From: Parag Tijare <parag@almaden.ibm.com>
Date: Wed, 31 Aug 2005 17:31:30 -0700
To: www-ql@w3.org
Cc: mhk@mhk.me.uk
Message-ID: <OF1AE1A16B.07739883-ON8825706E.006082E6-8825706F.0002E291@us.ibm.com>

Thanks for the reply - it is very helpful.
> in XPath: you can't pass a type to a function, nor return a type from a

Is it possible to pass the QName of the type, using the mechanisms you
indicated below and use these to achieve "type sensitive behavior" from the
function. Would that violate XPath in any way?

Parag Tijare

             "Michael Kay"                                                 
             Sent by:                                                   To 
             www-ql-request@w3         "'Parag Tijare'"                    
             .org                      <parag@almaden.ibm.com>,            
             08/30/2005 03:28                                              
             PM                                                    Subject 
                                       RE: functions with QName            
                                       argument(s) in XPath                

XPath does not have a QName literal.

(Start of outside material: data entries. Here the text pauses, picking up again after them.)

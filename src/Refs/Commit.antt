-- ===== src/Refs/Commit.antt =====
-- A commit does what its operations do one after another, all or nothing.
use bole.Base.{
  Option, none, some, List, [], ◌∷◌, bytes_eq, option_eq, ◌==◌, Result, ok, err, ◌>>=◌, ◌≡◌, refl,
  ◌⊎◌, inl, inr, arith, ◌∙◌, Bool-cases, ap,
}
use bole.Base.Maps
use bole.Base.Maps.{NodupKeys, insert-NodupKeys, get-insert, get-remove}
use bole.Refs.{
  RefName, Refs, Ref, tag, timeline, Tag, Timeline, ref_eq, Outcome, set_raw, delete_ref,
  create_tag, move_tag, create_timeline, advance_head, RefOp, create_tag_op, move_tag_op,
  create_timeline_op, advance_head_op, set_op, delete_op, expect_op, advance_head_if_op, Overlay,
  current, resolve_op, resolve_ops, resolve, apply_atomic, settle, commit_transaction,
}
use bole.Refs.Sequential.{perform, store_of, sequential}

ruleset opened = (resolve_op, perform, create_tag, move_tag, create_timeline, advance_head)

module _ (base : Refs) where
  -- The overlay over the base shows what the store holds.
  record Shows (overlay : Overlay) (refs : Refs) : Type 0 where
    keys : NodupKeys overlay
    same : (n : RefName) → current base overlay n ≡ Maps.get refs n

  abbrev Agree : Result Overlay → Result Refs → Type 0
  Agree (ok overlay) (ok refs) = Shows overlay refs
  Agree (err d) (err e) = d ≡ e
  Agree _ _ = ⊥

  Shows-insert :
      (overlay : Overlay) (refs : Refs) (name : RefName) (r : Ref)
      → Shows overlay refs
      → Shows (Maps.insert overlay name (some r)) (Maps.insert refs name r)
  unfolding current
  Shows-insert overlay refs name r s = record {
    keys = insert-NodupKeys overlay name (some r) s.keys;
    same =
        λ n. ground (arith, s.same n, get-insert overlay name (some r) n, get-insert refs name r n);
  }

  Shows-remove :
      (overlay : Overlay) (refs : Refs) (name : RefName)
      → Shows overlay refs
      → Shows (Maps.insert overlay name none) (Maps.remove refs name)
  unfolding current
  Shows-remove overlay refs name s = record {
    keys = insert-NodupKeys overlay name none s.keys;
    same = λ n. ground (arith, s.same n, get-insert overlay name none n, get-remove refs name n);
  }

  abbrev Kind : Option Ref → Type 0
  Kind o =
      (o ≡ none) ⊎ (((t : Tag) × (o ≡ some (tag t))) ⊎ ((t : Timeline) × (o ≡ some (timeline t))))

  kind : (o : Option Ref) → Kind o
  kind none = inl refl
  kind (some (tag t)) = inr (inl (t, refl))
  kind (some (timeline t)) = inr (inr (t, refl))

  resolve_op-Agree :
      (overlay : Overlay) (refs : Refs) (op : RefOp)
      → Shows overlay refs
      → Agree (resolve_op base overlay op) (store_of (perform refs op))
  unfolding resolve_op perform set_raw delete_ref create_tag move_tag create_timeline advance_head
  resolve_op-Agree overlay refs (create_tag_op name target message now) s =
      elim (kind (Maps.get refs name)) [
        | inl e ↦ rw (s.same name ∙ e, e, opened) (Shows-insert overlay refs name _ s)
        | inr (inl (t, e)) ↦ rw (s.same name ∙ e, e, opened) refl
        | inr (inr (t, e)) ↦ rw (s.same name ∙ e, e, opened) refl
      ]
  resolve_op-Agree overlay refs (move_tag_op name target) s = elim (kind (Maps.get refs name)) [
    | inl e ↦ rw (s.same name ∙ e, e, opened) refl
    | inr (inl (t, e)) ↦ rw (s.same name ∙ e, e, opened) (Shows-insert overlay refs name _ s)
    | inr (inr (t, e)) ↦ rw (s.same name ∙ e, e, opened) refl
  ]
  resolve_op-Agree overlay refs (create_timeline_op name head policy now life expires_at) s =
      elim (kind (Maps.get refs name)) [
        | inl e ↦ rw (s.same name ∙ e, e, opened) (Shows-insert overlay refs name _ s)
        | inr (inl (t, e)) ↦ rw (s.same name ∙ e, e, opened) refl
        | inr (inr (t, e)) ↦ rw (s.same name ∙ e, e, opened) refl
      ]
  resolve_op-Agree overlay refs (advance_head_op name new_head) s =
      elim (kind (Maps.get refs name)) [
        | inl e ↦ rw (s.same name ∙ e, e, opened) refl
        | inr (inl (t, e)) ↦ rw (s.same name ∙ e, e, opened) refl
        | inr (inr (t, e)) ↦ rw (s.same name ∙ e, e, opened) (Shows-insert overlay refs name _ s)
      ]
  resolve_op-Agree overlay refs (set_op name value) s = Shows-insert overlay refs name value s
  resolve_op-Agree overlay refs (delete_op name) s = Shows-remove overlay refs name s
  resolve_op-Agree overlay refs (expect_op name expected) s =
      rw (s.same name, opened)
        (elim (Bool-cases (Maps.get refs name == expected)) [ inl p ↦ rw p s | inr n ↦ rw n refl ])
  resolve_op-Agree overlay refs (advance_head_if_op name expected_old new_head) s =
      elim (kind (Maps.get refs name)) [
        | inl e ↦ rw (s.same name ∙ e, e, opened) refl
        | inr (inl (t, e)) ↦ rw (s.same name ∙ e, e, opened) refl
        | inr (inr (t, e)) ↦
            rw (s.same name ∙ e, e, opened)
              (elim (Bool-cases (t.head == expected_old)) [
                | inl p ↦ rw (p, e, opened) (Shows-insert overlay refs name _ s)
                | inr n ↦ rw n refl
              ])
      ]

  resolve_ops-Agree :
      (ops : List RefOp) (overlay : Overlay) (refs : Refs)
      → Shows overlay refs
      → Agree (resolve_ops base overlay ops) (sequential refs ops)
  unfolding resolve_ops sequential
  resolve_ops-Agree [] overlay refs s = s
  resolve_ops-Agree (op ∷ ops) overlay refs s =
      next (resolve_op base overlay op) (store_of (perform refs op))
        (resolve_op-Agree overlay refs op s) (resolve_ops-Agree ops)
    where
      next :
          (r : Result Overlay) (q : Result Refs)
          → Agree r q
          → ((o : Overlay) (s : Refs)
              → Shows o s
              → Agree (resolve_ops base o ops) (sequential s ops))
          → Agree (r >>= λ o. resolve_ops base o ops) (q >>= λ s. sequential s ops)
      next (ok o) (ok s) a ih = ih o s a
      next (err d) (err e) a ih = a
      next (ok o) (err e) a ih = absurd a
      next (err d) (ok s) a ih = absurd a

  Shows-begin : Shows [] base
  unfolding current Maps.get
  Shows-begin = record { keys = tt; same = λ n. refl }

-- The plan's names are distinct, so their order does not matter.
pub get-apply_atomic :
    (base : Refs) (plan : Overlay) (n : RefName)
    → NodupKeys plan
    → Maps.get (apply_atomic base plan) n ≡ current base plan n
unfolding apply_atomic current Maps.get
get-apply_atomic base [] n u = refl
get-apply_atomic base ((k, some r) ∷ plan) n u =
    ground (arith, get-apply_atomic (Maps.insert base k r) plan n u.1, get-insert base k r n, u.0)
get-apply_atomic base ((k, none) ∷ plan) n u =
    ground (arith, get-apply_atomic (Maps.remove base k) plan n u.1, get-remove base k n, u.0)

-- What a commit leaves and returns, against the run of its operations.
abbrev pub CommitsAs : Refs → Outcome → Result Refs → Type 0
CommitsAs base (after, r) (ok s) = (r ≡ ok tt) × ((n : RefName) → Maps.get after n ≡ Maps.get s n)
CommitsAs base (after, r) (err e) = (r ≡ err e) × (after ≡ base)

settle-CommitsAs :
    (base : Refs) (r : Result Overlay) (q : Result Refs)
    → Agree base r q
    → CommitsAs base (settle base r) q
settle-CommitsAs base (ok plan) (ok s) a =
    (refl, λ n. get-apply_atomic base plan n a.keys ∙ a.same n)
settle-CommitsAs base (err d) (err e) a = (ap err a, refl)
settle-CommitsAs base (ok plan) (err e) a = absurd a
settle-CommitsAs base (err d) (ok s) a = absurd a

-- A transaction acts as its operations one after another by the store's own methods: if all of them
-- succeed, every name ends with the ref that they leave there, and if one is refused, the commit
-- fails with the error of the first that is, and the store is as it was.
pub commit-sequential :
    (refs : Refs) (ops : List RefOp)
    → CommitsAs refs (commit_transaction refs ops) (sequential refs ops)
unfolding commit_transaction resolve
commit-sequential refs ops =
    settle-CommitsAs refs (resolve_ops refs [] ops) (sequential refs ops)
      (resolve_ops-Agree refs ops [] refs (Shows-begin refs))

If function F takes a QName as its
argument, then you can call it as, for example



F(QName("uri", "local"))


F(resolve-QName("xsi:type", .))

but you can't call it as


except in the special case where evaluating the path expression app:type1
and atomizing the result gives you a QName.

An element test is a special construct for a number of reasons, one of
which is that types are not first class objects in XPath: you can't pass a
type to a function, nor return a type from a function.

Michael Kay

From: www-ql-request@w3.org [mailto:www-ql-request@w3.org] On Behalf Of
Parag Tijare
Sent: 30 August 2005 22:09
To: www-ql@w3.org
Subject: functions with QName argument(s) in XPath

Is it possible to define an XPath function that takes type name or node
name as arguments, something along the lines of "Element Test" (which is a
built-in construct) in XPath.

If yes, wouldn't there be a conflict in interpreting the argument?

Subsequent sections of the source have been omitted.